I tried this once before. I took it down by "solving it", but it was not solved. It was a hot mess. I now better understand what I need.
I need to extract the dollar value of the string value that is immediately N characters from the word "awarded." The string value will be >$1,000,000. The text may include other values, but I only want to extract the first string value immediately N characters from "awarded."
I do not know how to adjust for the variability in the number of characters or in the value of the award nor how to convert it to a dollar value from a string.
I know it has to start. ^.*\bawarded\s. ...
Examples
Lorem ipsum dolor sit amet, consectetur adipiscing awarded an $8,069,336 elit, sed do eiusmod tempor incididunt ut labore et dolore magna aliqua. Augue eget arcu dictum varius duis at consectetur lorem donec. Nunc scelerisque viverra mauris $28,069,336 in aliquam sem fringilla.
OR something like this
Lorem ipsum dolor sit amet, consectetur adipiscing awarded to my best friend $9,998,069,336 elit, sed do eiusmod tempor incididunt ut labore et dolore magna aliqua. Augue eget arcu dictum varius duis at consectetur lorem donec. Nunc scelerisque viverra mauris $28,069,336 in aliquam sem fringilla.
THANKS!
Solved! Go to Solution.
A quick follow up. This is the current expression. \bawarded\s.*?([0-9]{7,})

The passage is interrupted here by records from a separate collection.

-- ===== src/Emulator/Disassemble/Targets.antt =====
-- The addresses that src/tools/hyppotest.c shows for branches, against where the branches go.
use mega65_core.Prelude.{ℕ, ◌+◌, ◌-◌, ◌^◌, ◌≡◌, refl, arith, Bool, true, ◌++◌, ◌==◌, word32}
use mega65_core.Prelude.Bits.{bit}
use mega65_core.Prelude.Printing.{codes, hex}
use mega65_core.Emulator.State.{Regs, Machine}
use mega65_core.Emulator.Memory.{read_memory}
use mega65_core.Emulator.Addressing.{addr_zp, rel8_delta}
use mega65_core.Emulator.Instructions.Moves.{advance, set_len}
use mega65_core.Emulator.Instructions.Flow.{branch, branch_on_bit}
use mega65_core.Emulator.Disassemble.Operands.{disassemble_rel8, disassemble_zp_rel8}

-- The address that is shown for a short branch is the program counter after the branch is taken, where
-- the entry of the log has the program counter from before.
pub disassemble_rel8-branch :
    (taken : Regs → Bool) (m : Machine)
    → m.log.pc ≡ m.regs.pc
    → taken m.regs ≡ true
    → disassemble_rel8 m.log ≡ codes "$" ++ hex 4 (branch taken m).1.regs.pc
unfolding disassemble_rel8 branch advance set_len
disassemble_rel8-branch taken m e h =
    let sum : m.log.pc + 2 + rel8_delta (m.log.bytes 1)
        ≡ m.regs.pc + (2 + rel8_delta (m.log.bytes 1)) =
      omega (arith, e) in
    rw h (rw sum refl)

-- The address that is shown for BBRk and BBSk is one less, modulo 2 ^ 32, than the program counter after
-- the branch is taken.
pub disassemble_zp_rel8-branch_on_bit :
    (k wanted : ℕ) (m : Machine)
    → m.log.pc ≡ m.regs.pc
    → (bit k (read_memory (addr_zp m).0 (addr_zp m).1).0 == wanted) ≡ true
    → let target = (branch_on_bit k wanted m).1.regs.pc in
      disassemble_zp_rel8 m.log
      ≡ codes "$"
        ++ (hex 2 (m.log.bytes 1) ++ (codes ",$" ++ hex 4 (word32 (target + (2 ^ 32 - 1)))))
unfolding disassemble_zp_rel8 branch_on_bit advance set_len read_memory addr_zp
disassemble_zp_rel8-branch_on_bit k wanted m e h =
    let d = rel8_delta (m.log.bytes 2) in
    let shown_address : word32 (m.log.pc + 2 + d)
        ≡ word32 (word32 (word32 (m.regs.pc + d) + 3) + (2 ^ 32 - 1)) =
      omega (arith, e) in
    rw h (rw shown_address refl)
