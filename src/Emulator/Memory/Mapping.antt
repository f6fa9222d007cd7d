-- ===== src/Emulator/Memory/Mapping.antt =====
-- The results of `addr_to_28bit` of src/tools/hyppotest.c, against the sizes of the memories.
use mega65_core.Prelude.{ℕ, ◌-◌, ◌^◌, ◌<◌, ◌≡◌, inl, inr, Bool, true, arith, Bool-cases, ltb}
use mega65_core.Emulator.State.{
  Regs, Bus, chipram_size, hypporam_size, colourram_size, set_error_listing,
}
use mega65_core.Emulator.Memory.{Cell, cell_of, c64_bank, map_address, port_lines, addr_to_28bit}

-- The index lies in the array of its memory.
abbrev pub IsInside : Cell → Type 0
IsInside (Cell.hyppo i) = i < hypporam_size
IsInside (Cell.chip i) = i < chipram_size
IsInside (Cell.colour i) = i < colourram_size
IsInside (Cell.io i) = i < 65536
IsInside Cell.unmapped = Unit

-- The range of the registers that MAP loads.
pub record MapFits (r : Regs) : Type 0 where
  pub maplo : r.maplo < 65536
  pub maphi : r.maphi < 65536
  pub maplomb : r.maplomb < 256
  pub maphimb : r.maphimb < 256

cell_of-IsInside : (addr : ℕ) → addr < 0x1ffd0000 → IsInside (cell_of addr)
unfolding cell_of
cell_of-IsInside addr h = ground arith

map_address-lt :
    (r : Regs) (addr : ℕ) → MapFits r → addr < 0x10000 → map_address r addr < 0x10010000
unfolding map_address
map_address-lt r addr h k = ground arith

c64_bank-lt : (lnc addr : ℕ) (w : Bool) → addr < 0x10000 → c64_bank lnc addr w < 0x10010000
unfolding c64_bank
c64_bank-lt lnc addr w k = ground arith

addr_to_28bit-lt :
    (r : Regs) (s : Bus) (addr : ℕ) (w : Bool)
    → MapFits r
    → addr < 0x10000
    → (addr_to_28bit r s addr w).0 < 0x10010000
unfolding addr_to_28bit
addr_to_28bit-lt r s addr w h k =
    ground (arith, map_address-lt r addr h k, c64_bank-lt (port_lines s) addr w k)

addr_to_28bit-big :
    (r : Regs) (s : Bus) (addr : ℕ) (w : Bool)
    → ltb 0xffff addr ≡ true
    → addr_to_28bit r s addr w ≡ (2 ^ 32 - 1, set_error_listing s)
unfolding addr_to_28bit
addr_to_28bit-big r s addr w big = rw big

-- Whatever address the program asks for, whatever the port holds, and whatever MAP has loaded
-- into its registers of 16 and 8 bits, the
-- address that `addr_to_28bit` returns indexes inside the array that the memory functions pick.
pub addr_to_28bit-IsInside :
    (r : Regs) (s : Bus) (addr : ℕ) (w : Bool)
    → MapFits r
    → IsInside (cell_of (addr_to_28bit r s addr w).0)
addr_to_28bit-IsInside r s addr w h = elim (Bool-cases (ltb 0xffff addr)) [
  | inl big ↦ rw (addr_to_28bit-big r s addr w big) (unfold cell_of in tt)
  | inr fits ↦ cell_of-IsInside _ (omega (arith, addr_to_28bit-lt r s addr w h (ground arith)))
]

I use a formula tool to remove string value's $ sign and commas. The expression looks for a series of numbers >7 N characters after awarded.
BUT, I am stuck on one small detail. Some text may have a second occurrence of awarded. How do I stop the expression after it finds the first awarded and value pair?
AND while it works on regex101.com, it actually does not work at all in Alteryx. UGH.
Hello @hellyars
Are you open to a non-RegEx solution? Thought of this approach quickly, since you just want to pull numbers.
You can remove all text, punctuation, and extra spaces with the data cleansing. Then a few manipulations. A formula tool gives you only the first number in each row (and a filter tool makes sure the numbers are >=1000000
Cheers!
Esther
Please let me know if this works for you, because it's a single tool solution!
You can use a multi-field formula tool to get just the first set of numbers (and change the data type to a number(. For whatever reason, the Replace stops after the first number.
I suggest:
ToNumber(Replace(REGEX_Replace([Input], "^.*?\bawarded\b.*?\$([0-9,]{6,}).*?$|^.*()$", "$1"),",",""))
Breaking it down the core regex:
^.*?\bawarded\b.*?\$([0-9,]{6,}).*?$
Matches the awarded amount. Using non-greedy ways to match means it should extract whole number correctly into $1
This part:
|^.*()$
is a trick to mean that if the string does not match then $1 will be empty.
After this a traditional REPLACE is used to remove commas and then ToNumber to convert to a number
Sample attached.
Thank you. This works, but I need it to key off the word awarded. An awarded value will always exist. If I can get this to work, I can apply it to other keyword value pairs that are less frequently used.
Brilliant. That works in one fell swoop.
I tested it by adding multiple award + value pairs to the text. It always matches the first pair. It looks like ^.*? up front is the key to matching the first occurrence. It also worked when I added it to the expression I had been toiling with earlier. Why do you use the second \b in" \bawarded\b" ?
THANK YOU!!!
Hi @hellyars
This is a shorter solution:
ToNumber(Replace(REGEX_Replace([Field1], ".*(?<!awarded)awarded.*?\$([\d,]+).*", "$1"), ",", ""))
Using negative lookbehind, you assure that you hit your first awarded word.
Then you use non-greedy till the first "$", and group what you want to capture (digits or commas - full number).
Replace commas by nothing and convert the expression to a number.
Cheers,
@jdunkerley79 got to this before I did, and his solution is great. Glad we were able to solve this for you!!!
You can put the ToNumber and Replace functions in the same formula tool, after the Regex_Replace. Although you can string both together, I find it easier to separate them.
Cheers!
Esther
I used the second \b to allow for something like 'awarded: blah' to match but ' awardeds ' would not.
Depends a lot on the input exactly what regex would be best but glad solution worked for you.